April 1, 2019 – by CSCS

The data collected from experiments at the Large Hadron Collider (LHC) is fed into a global computing network for data analysis and simulations. Part of this network is the “Phoenix” cluster at CSCS. Until now, the ATLAS, CMS and LHCb particle detectors delivered their data to “Phoenix” for analysis and comparison with the results of previous simulations. The “Piz Daint” supercomputer will now take over this role from Phoenix.

A unique approach
For the first time, the Worldwide LHC Computing Grid (WLCG) will integrate one of the world’s most powerful supercomputers – which is available for general research – to handle the functions of what is known as a Tier 2 system. Until now, this role has been handled exclusively by dedicated clusters distributed around the world in the WLCG. Based on their performance and characteristics, the clusters are categorised on a scale ranging from Tier 0 systems – such as those available only at the CERN data centre in Geneva and the Wigner Research Centre for Physics in Budapest – to smaller Tier 3 systems.

CSCS has been operating the “Phoenix” cluster, which accounts for about 3% of the WLCG’s capacity, as a Tier 2 system for about 12 years. The fact that “Piz Daint” will now be able to handle the data analysis of one of the world’s most data-intensive projects in addition to its daily tasks is thanks to a long-term partnership between CSCS and CHIPP. The project participants have been working on its implementation since 2014.

A host of benefits – and challenges
In addition to the advantages classic supercomputers offer physicists, such as scalability, high performance and efficiency, other properties have taken some getting used to for the high-energy physicists. “The integration of ‘Piz Daint’ with the high-energy physics data processing environments has been a highly laborious process that started with the integration of a previous generation supercomputer at CSCS,” says Gianfranco Sciacca, who is part of the ATLAS experiment. “The data access patterns and rates of our workflows are not typical of a supercomputer environment. In addition, for some workflows, certain resource requirements exceed what a general-purpose supercomputer typically provides; a lot of tuning therefore needs to be put in place.”

It was also a challenge for CSCS: “Such a move away from the status quo, with all five parties – CHIPP, ATLAS, CMS, LHCb and CSCS – sharing the same view, both on conceptual and practical grounds, was probably the biggest challenge that we have had to face in this project,” says Pablo Fernandez, Service and Business Manager at CSCS. Fernandez coordinated a whole range of activities during the project.

Migrating tasks from “Phoenix” to “Piz Daint” took place gradually over two years. Only at the end of 2017, when enough comparative data was available to make an informed decision, did CSCS and CHIPP decide to use “Piz Daint” for future data analysis. “Piz Daint” has been used actively for simulation and data analysis in LHC experiments since April 2018. In April 2019, the transfer will finally be complete and “Phoenix” will be decommissioned. Meanwhile, the project participants have succeeded in testing the externalization of the Tier 0 system onto “Piz Daint” and have provided CERN with direct computing capacity for highly complex data processing. The project participants look back at what they have achieved with a certain degree of awe: “The project was far more complex to manage than any technical limitation or problem we have had so far,” says Miguel Gila, HPC System Engineer at CSCS.

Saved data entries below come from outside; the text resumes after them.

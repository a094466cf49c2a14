-- ===== src/Ledger/Owners.antt =====
-- `GetOrCreateAccount` gives each tenant, type and asset one account of its own
-- (internal/ledger/ledger.go).
use payment_engine_v.Base.{
  ℕ, ◌≡◌, refl, arith, true, Option, none, some, String, List, [], ◌∷◌, ◌==◌, if◌then◌else◌, eq_iff,
  eq_refl, inl, inr, Option-cases,
}
use payment_engine_v.Db.{Result, ok, err}
use payment_engine_v.Ledger.Tables.{AccountRow, Tables}
use payment_engine_v.Ledger.Accounts.{
  Key, has_account_key, find_key, account_row, upsert_account, get_or_create_account,
}

abbrev pub key_of : AccountRow → Key
key_of r = record {
  tenant_id = r.tenant_id;
  account_type = r.account_type;
  asset_code = r.asset_code;
}

-- The key of the account with an id.
abbrev pub owner : ℕ → List AccountRow → Option Key
owner id [] = none
owner id (r ∷ rows) = if r.id == id then some (key_of r) else owner id rows

-- Neither a key nor an id stands on two accounts.
abbrev pub IsKeyedOnce : List AccountRow → Type 0
IsKeyedOnce [] = Unit
IsKeyedOnce (r ∷ rows) =
    (find_key (key_of r) rows ≡ none) × (owner r.id rows ≡ none) × IsKeyedOnce rows

has_account_key_lem : (k : Key) (r : AccountRow) → has_account_key k r ≡ true → key_of r ≡ k
unfolding has_account_key
has_account_key_lem k r h =
    ground (arith, eq_iff r.account_type k.account_type, eq_iff r.asset_code k.asset_code)

has_account_key_self :
    (id : ℕ) (k : Key) (u n : String) → has_account_key k (account_row id k u n) ≡ true
unfolding has_account_key
has_account_key_self id k u n = ground (arith, eq_refl k.account_type, eq_refl k.asset_code)

find_key-owner :
    (k : Key) (rows : List AccountRow) (r : AccountRow)
    → IsKeyedOnce rows
    → find_key k rows ≡ some r
    → owner r.id rows ≡ some k
unfolding find_key
find_key-owner k [] r v h = cc
find_key-owner k (x ∷ rows) r v h =
    ground (arith, has_account_key_lem k x, find_key-owner k rows r v.2)

-- The id that a call returns, if it returns.
abbrev pub returned : {E : Type 0} → Result E ℕ → ℕ → ℕ
returned (ok id) other = id
returned (err _) other = other

-- Where the database answers and draws an id that is not in use, `GetOrCreateAccount` returns an
-- account that belongs to the tenant, type and asset it was asked for, and to no other.
pub get_or_create_account-owner :
    (new_id : ℕ) (k : Key) (unit_type name : String) (s : Tables)
    → IsKeyedOnce s.accounts
    → owner new_id s.accounts ≡ none
    → let (r, s', _) = get_or_create_account new_id k unit_type name s [] in
      (id : ℕ) × (r ≡ ok id) × (owner id s'.accounts ≡ some k) × IsKeyedOnce s'.accounts
unfolding get_or_create_account upsert_account
get_or_create_account-owner new_id k unit_type name s v fresh =
    elim (Option-cases (find_key k s.accounts)) [
      | inl missing ↦ rw (missing, upsert_account) (new_id, refl, ground arith, (missing, fresh, v))
      | inr (r, found) ↦
          rw (found, upsert_account) (r.id, refl, find_key-owner k s.accounts r v found, v)
    ]

upsert_missing :
    (new_id : ℕ) (k : Key) (unit_type name : String) (s : Tables)
    → find_key k s.accounts ≡ none
    → upsert_account new_id k unit_type name s
      ≡ (ok new_id, record s { accounts = account_row new_id k unit_type name ∷ s.accounts })
unfolding upsert_account
upsert_missing new_id k unit_type name s h = rw (h, upsert_account) refl

upsert_found :
    (new_id : ℕ) (k : Key) (unit_type name : String) (s : Tables) (r : AccountRow)
    → find_key k s.accounts ≡ some r
    → upsert_account new_id k unit_type name s ≡ (ok r.id, s)
unfolding upsert_account
upsert_found new_id k unit_type name s r h = rw (h, upsert_account) refl

find_key_new :
    (id : ℕ) (k : Key) (unit_type name : String) (rows : List AccountRow)
    → find_key k (account_row id k unit_type name ∷ rows) ≡ some (account_row id k unit_type name)
unfolding find_key
find_key_new id k unit_type name rows = rw (has_account_key_self id k unit_type name) refl

-- Where the database answers, asking again for the same tenant, type and asset returns the same
-- account and writes nothing.
pub get_or_create_account_again :
    (new_id new_id' : ℕ) (k : Key) (unit_type name unit_type' name' : String) (s : Tables)
    → let (r, s', _) = get_or_create_account new_id k unit_type name s [] in
      get_or_create_account new_id' k unit_type' name' s' [] ≡ (r, s', [])
unfolding get_or_create_account
get_or_create_account_again new_id new_id' k unit_type name unit_type' name' s =
    elim (Option-cases (find_key k s.accounts)) [
      | inl missing ↦ rw (upsert_missing new_id k unit_type name s missing) (
          rw
            (upsert_found new_id' k unit_type' name'
              (record s { accounts = account_row new_id k unit_type name ∷ s.accounts }) _
              (find_key_new new_id k unit_type name s.accounts))
            refl)
      | inr (r, found) ↦
          rw (upsert_found new_id k unit_type name s r found)
            (rw (upsert_found new_id' k unit_type' name' s r found) refl)
    ]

More work on the project to come
The comparison between “Piz Daint” and “Phoenix” has shown that both systems perform their functions with similar efficiency, but “Piz Daint” is slightly more cost-effective. According to the project participants, however, the CHIPP community will use only the computer nodes consisting of two CPUs for the time being, and not all the full benefits of “Piz Daint”. In future, it may be possible to use hybrid computer nodes consisting of one CPU and one GPU to run calculations much more efficiently. A big advantage for the researchers is that they can tap into much more computing power at short notice – at the “push of a button” – if needed.

The current upgrade of the LHC to the High-Luminosity LHC, which will be online from 2025 to 2034 and enable breakthroughs in particle physics, requires up to 50 times more computing power for data analysis and simulations. However, the high energy physicists predict that with the current computing models, a significant shortfall of resources will occur. This will require various software and hardware optimisations. Since HPC systems such as “Piz Daint” already have optimised hardware, the researchers are confident that it will be possible to make savings. They expect the project to serve as a model for WLCG, as it has opened doors, for instance, in terms of new computing models and software optimisation.